After last year produced the largest annual reduction in meat consumption since the organization started recording the figures in 1990, the downward trend has continued throughout the first three quarters of this year. 
From January through September, there was a 2.8 percent overall decline in meat consumption. On average, Swedes consumed 1.8 fewer kilograms of meat through the first nine months of 2018. 
“Market trends, climate considerations, a focus on health and animal ethics are all factors in our current consumption trends,” Jordbruksverket spokesperson Åsa Lannhard Öberg said in a press release
Although eco-conscious Swedes are likely well aware of the enormous carbon footprint of meat production, there may also be a less altruistic reason behind the decline. 

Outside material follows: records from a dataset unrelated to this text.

-- ===== src/Channels/Counts.antt =====
-- crates/sutegi-channels/src/presence.rs: how many metas are kept under a key, and what a change adds to them.
use sutegi.Base.{
  ℕ, ◌+◌, ◌≡◌, refl, sym, ap, ◌∙◌, arith, Bool, true, false, Option, none, some, List, [], ◌∷◌,
  ◌++◌, append-nil, Bytes, if◌then◌else◌, bytes_eq, bytes_eq→eq, bytes_eq_refl, if_rule,
  option_rule,
}
use sutegi.Channels.{Presence, metas_of, has_key, extend_entry, extend_some, take_out, diff_metas}

abbrev one : Bool → ℕ
one true = 1
one false = 0

abbrev pub pick : Bool → ℕ → ℕ
pick true n = n
pick false n = 0

keys_apart : (i j k : Bytes) → bytes_eq i j ≡ false → bytes_eq i k ≡ true → bytes_eq j k ≡ false
keys_apart i j k other same =
    if_rule (λ (b : Bool). bytes_eq j k ≡ false) (bytes_eq j k) true false
      (λ e.
        let ij : i ≡ j = bytes_eq→eq i k same ∙ sym (bytes_eq→eq j k e) in
        let all_same : bytes_eq i j ≡ true = ap (bytes_eq i) (sym ij) ∙ bytes_eq_refl i in cc)
      (λ e. e)

module _ {A : Type 0} where
  -- Every key has one entry.
  abbrev pub IsMap : Presence A → Type 0
  IsMap [] = Unit
  IsMap ((k, metas) ∷ st) = (has_key k st ≡ false) × IsMap st

  pub has_none : (k : Bytes) (st : Presence A) → has_key k st ≡ false → metas_of k st ≡ []
  unfolding has_key metas_of
  has_none k [] h = refl
  has_none k ((j, metas) ∷ st) h = ground (arith, has_none k st)

  -- A change under `j` leaves what is kept under another key, and adds to its own.
  metas_of-extend_entry :
      (k j : Bytes) (more : List A) (st : Presence A)
      → metas_of k (extend_entry j more st) ≡ metas_of k st ++ (if bytes_eq j k then more else [])
  unfolding metas_of extend_entry
  metas_of-extend_entry k j more [] =
      if_rule (λ t. (if bytes_eq j k then more else []) ≡ t) (bytes_eq j k) more [] (λ e. rw e)
        (λ e. rw e)
  metas_of-extend_entry k j more ((i, metas) ∷ st) =
      let add : Bool → List A = λ b. if b then more else [] in
      if_rule (λ r. metas_of k r ≡ metas_of k ((i, metas) ∷ st) ++ add (bytes_eq j k))
        (bytes_eq i j) _ _
        (λ same.
          let key : bytes_eq i k ≡ bytes_eq j k =
            ap (λ (t : Bytes). bytes_eq t k) (bytes_eq→eq i j same) in
          by_key (bytes_eq i k) (bytes_eq j k) key)
        (λ other.
          apart (bytes_eq i k) (bytes_eq j k) (keys_apart i j k other)
            (metas_of-extend_entry k j more st))
    where
      apart :
          (b c : Bool)
          → (b ≡ true → c ≡ false)
          → metas_of k (extend_entry j more st) ≡ metas_of k st ++ (if c then more else [])
          → (if b then metas else metas_of k (extend_entry j more st))
            ≡ (if b then metas else metas_of k st) ++ (if c then more else [])
      apart true true h e = absurd (let no : true ≡ false = h refl in cc)
      apart true false h e = sym (append-nil metas)
      apart false c h e = e

      by_key :
          (b c : Bool)
          → b ≡ c
          → (if b then metas ++ more else metas_of k st)
            ≡ (if b then metas else metas_of k st) ++ (if c then more else [])
      by_key true true e = refl
      by_key true false e = cc
      by_key false true e = cc
      by_key false false e = sym (append-nil (metas_of k st))

module _ {A : Type 0} (same : A → A → Bool) where
  -- How many metas are equal to one.
  abbrev pub count : A → List A → ℕ
  count x [] = 0
  count x (m ∷ metas) = one (same m x) + count x metas

  abbrev pub tally : A → Bytes → Presence A → ℕ
  tally x k st = count x (metas_of k st)

  count-append : (x : A) (a b : List A) → count x (a ++ b) ≡ count x a + count x b
  count-append x [] b = omega arith
  count-append x (m ∷ a) b = omega (arith, count-append x a b)

  module _ (congruent : (m n x : A) → same m n ≡ true → same m x ≡ same n x) where
    count-take_out :
        (x meta : A) (metas left : List A)
        → take_out same meta metas ≡ some left
        → count x metas ≡ one (same meta x) + count x left
    unfolding take_out
    count-take_out x meta [] left e = cc
    count-take_out x meta (m ∷ metas) left e0 =
        if_rule (λ o. o ≡ some left → count x (m ∷ metas) ≡ one (same meta x) + count x left)
          (same m meta) _ _
          (λ eq e.
            let tail : metas ≡ left = cc in
            ap (λ b. one b + count x metas) (congruent m meta x eq)
            ∙ ap (λ r. one (same meta x) + count x r) tail)
          (λ _ e. deeper (take_out same meta metas) (count-take_out x meta metas) e) e0
      where
        deeper :
            (o : Option (List A))
            → ((r : List A) → o ≡ some r → count x metas ≡ one (same meta x) + count x r)
            → ◌≡◌ {A = Option (List A)} (elim o [ none ↦ none | some r ↦ some (m ∷ r) ]) (some left)
            → count x (m ∷ metas) ≡ one (same meta x) + count x left
        deeper none f e = cc
        deeper (some r) f e =
            let whole : m ∷ r ≡ left = cc in
            let now : count x (m ∷ r) ≡ count x left = ap (count x) whole in
            omega (arith, f r refl, now)

    -- The old metas with those that joined are the new ones with those that remain.
    pub count-diff_metas :
        (x : A) (remaining metas : List A)
        → count x remaining + count x ((diff_metas same remaining metas).0)
          ≡ count x metas + count x ((diff_metas same remaining metas).1)
    unfolding diff_metas
    count-diff_metas x remaining [] = omega arith
    count-diff_metas x remaining (meta ∷ metas) =
        option_rule
          (λ (r : List A × List A).
            count x remaining + count x r.0 ≡ count x (meta ∷ metas) + count x r.1)
          (take_out same meta remaining) _ _
          (λ _. omega (arith, count-diff_metas x remaining metas))
          (λ left e.
            omega (arith, count-diff_metas x left metas, count-take_out x meta remaining left e))

    pub tally-extend_entry :
        (x : A) (k j : Bytes) (more : List A) (st : Presence A)
        → tally x k (extend_entry j more st) ≡ tally x k st + pick (bytes_eq j k) (count x more)
    tally-extend_entry x k j more st =
        ap (count x) (metas_of-extend_entry k j more st)
        ∙ count-append x (metas_of k st) _
        ∙ ap (λ n. tally x k st + n) (chosen (bytes_eq j k))
      where
        chosen : (b : Bool) → count x (if b then more else []) ≡ pick b (count x more)
        chosen true = refl
        chosen false = refl

    pub tally-extend_some :
        (x : A) (k j : Bytes) (more : List A) (st : Presence A)
        → tally x k (extend_some j more st) ≡ tally x k st + pick (bytes_eq j k) (count x more)
    unfolding extend_some
    tally-extend_some x k j [] st = omega (arith, nothing (bytes_eq j k))
      where
        nothing : (b : Bool) → pick b 0 ≡ 0
        nothing true = refl
        nothing false = refl
    tally-extend_some x k j (m ∷ more) st = tally-extend_entry x k j (m ∷ more) st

“Meat sales declined in many stores during the summer as a result of the barbecue ban, but consumption is also decreasing longer-term so there we can’t just point to the summer months to explain the decline,” Lannhard Öberg said.
The summer of 2018 saw Sweden hit by the worst wildfires in more than 50 years, prompting authorities to put in place bans on all kinds of open fire, including barbecues across the country. The majority of those bans were put in place in early summer and lifted by the end of August. 
Increasingly, when Swedes reach for meat products in the supermarket they are placing home-grown products in their carts. Jordbruksverket’s figures showed that demand for Swedish meat and poultry increased significantly. Domestic lamb led the way, with a six percent increase, while Swedish beef increased by 4.4 percent, pork by 3.2 and Swedish poultry by 2.3 percent. 
Lannhard Öberg attributed the increases in Swedish meat and poultry to an increased focus on environmental sustainability, which she said is particularly strong within the Swedish agriculture sector.